### What the task requires
Could you copy out every line of the data where the word "most" occurs?

### Provided entries
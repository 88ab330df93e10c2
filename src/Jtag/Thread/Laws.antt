-- ===== src/Jtag/Thread/Laws.antt =====
-- What a pass of the communication thread does to the two buffers.
use native.Mathlib.Nat.{div-le_self}
use demo_testbench.Base.{
  ℕ, zero, suc, ◌-◌, ◌*◌, ◌/◌, ◌%◌, ◌^◌, ◌≤◌, ◌<◌, ◌==◌, min, ltb, leb, if◌then◌else◌,
}
use demo_testbench.Base.{done}
use demo_testbench.Base.{◌≡◌, refl, arith, false, ◌&&◌, ◌||◌, ◌⊎◌}
use demo_testbench.Cbuf.{fill_level, free_level}
use demo_testbench.Jtag.{Jtag, calc_payload_len, to_words, adjust_wanted}
use demo_testbench.Jtag.Words.{min_wsize, max_wsize}
use demo_testbench.Jtag.Words.Laws.{min_wsize_lem, max_wsize_lem}

to_words_lem :
    (u : Jtag) (bytes : ℕ)
    → 0 < u.target_word_width
    → bytes < 2 ^ 31
    → to_words u bytes ≡ done (bytes / u.target_word_width)
unfolding to_words
to_words_lem u bytes pos small =
    let nonzero : (u.target_word_width == 0) ≡ false = ground arith in
    let same : bytes / u.target_word_width % 2 ^ 32 ≡ bytes / u.target_word_width =
      omega (arith, div-le_self bytes u.target_word_width) in
    rw (nonzero, same) refl

-- With words of a width above 0 and buffers whose levels are below 2^31 bytes, as many words are
-- written as the write buffer has whole words, and as many are read as the read buffer has room for,
-- but of neither more than are wanted.
pub calc_payload_len_lem :
    (u : Jtag) (wanted : ℕ)
    → 0 < u.target_word_width
    → wanted < 2 ^ 31
    → fill_level u.write_buf < 2 ^ 31
    → free_level u.read_buf < 2 ^ 31
    → let wr = min (fill_level u.write_buf / u.target_word_width) wanted in
      let rd = min (free_level u.read_buf / u.target_word_width) wanted in
      calc_payload_len u wanted ≡ done ((if ltb rd wr then wr else rd), wr, rd)
unfolding calc_payload_len
calc_payload_len_lem u wanted pos hw hwr hrd =
    let a = fill_level u.write_buf / u.target_word_width in
    let b = free_level u.read_buf / u.target_word_width in
    let ha : a < 2 ^ 31 = omega (arith, div-le_self (fill_level u.write_buf) u.target_word_width) in
    let hb : b < 2 ^ 31 = omega (arith, div-le_self (free_level u.read_buf) u.target_word_width) in
    let m : ℕ = if ltb b a then a else b in
    let hm : m < 2 ^ 31 = ground arith in
    let p = min wanted m in
    let hp : p < 2 ^ 31 = omega arith in
    let e1 : p ≡ (if ltb (min b wanted) (min a wanted) then min a wanted else min b wanted) =
      ground arith in
    let e2 : min a p ≡ min a wanted = ground arith in
    let e3 : min b p ≡ min b wanted = ground arith in
    rw
      (
        to_words_lem u (fill_level u.write_buf) pos hwr,
        to_words_lem u (free_level u.read_buf) pos hrd,
        max_wsize_lem a b ha hb,
        min_wsize_lem wanted m hw hm,
        min_wsize_lem a p ha hp,
        min_wsize_lem b p hb hp,
      )
      (λ i. done (e1 i, e2 i, e3 i))

-- What a number of words becomes between the bounds that a width of `width` bytes gives.
clamped :
    (factor min_wanted largest : ℕ)
    → factor < 2 ^ 31
    → min_wanted < 2 ^ 31
    → largest < 2 ^ 31
    → let next = min_wsize (max_wsize min_wanted (min_wsize factor largest)) 15000 in
      (next ≤ 15000) × (min min_wanted 15000 ≤ next) × ((next ≤ min_wanted) ⊎ (next ≤ largest))
clamped factor min_wanted largest hf hm hl =
    let small = min factor largest in
    let m : ℕ = if ltb small min_wanted then min_wanted else small in
    rw
      (
        min_wsize_lem factor largest hf hl,
        max_wsize_lem min_wanted small hm (omega arith),
        min_wsize_lem m 15000 (ground arith) (omega arith),
      )
      (ground arith)

largest_small : (width : ℕ) → width < 4 → 2 ^ (width * 8) - 2 < 2 ^ 31
largest_small zero h = omega arith
largest_small (suc zero) h = omega arith
largest_small (suc (suc zero)) h = omega arith
largest_small (suc (suc (suc zero))) h = omega arith
largest_small (suc (suc (suc (suc w)))) h = absurd (omega arith)

pub adjust_wanted_narrow :
    (width min_wanted wanted wr_words rd_words acked received : ℕ)
    → min_wanted < 2 ^ 31
    → wanted < 2 ^ 30
    → width < 4
    → (next : ℕ) × (adjust_wanted width min_wanted wanted wr_words rd_words acked received
        ≡ done next)
      × (next ≤ 15000)
      × (min min_wanted 15000 ≤ next)
      × ((next ≤ min_wanted) ⊎ (next ≤ 2 ^ (width * 8) - 2))
unfolding adjust_wanted
adjust_wanted_narrow width min_wanted wanted wr_words rd_words acked received hm hw narrow =
    let factor : ℕ =
      if ltb (9 * wr_words) (10 * acked) || leb (9 * rd_words) (10 * received)
      then wanted * 3 / 2 % 2 ^ 32
      else if leb (2 * acked) wr_words && leb (2 * received) rd_words
      then wanted * 3 / 10
      else wanted in
    let hf : factor < 2 ^ 31 = ground arith in
    let shift : leb 32 (width * 8) ≡ false = ground arith in
    let (most, least, says) =
      clamped factor min_wanted (2 ^ (width * 8) - 2) hf hm (largest_small width narrow) in
    rw shift (_, refl, most, least, says)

### Answer to the exercise
    let (most, least, says) =
    rw shift (_, refl, most, least, says)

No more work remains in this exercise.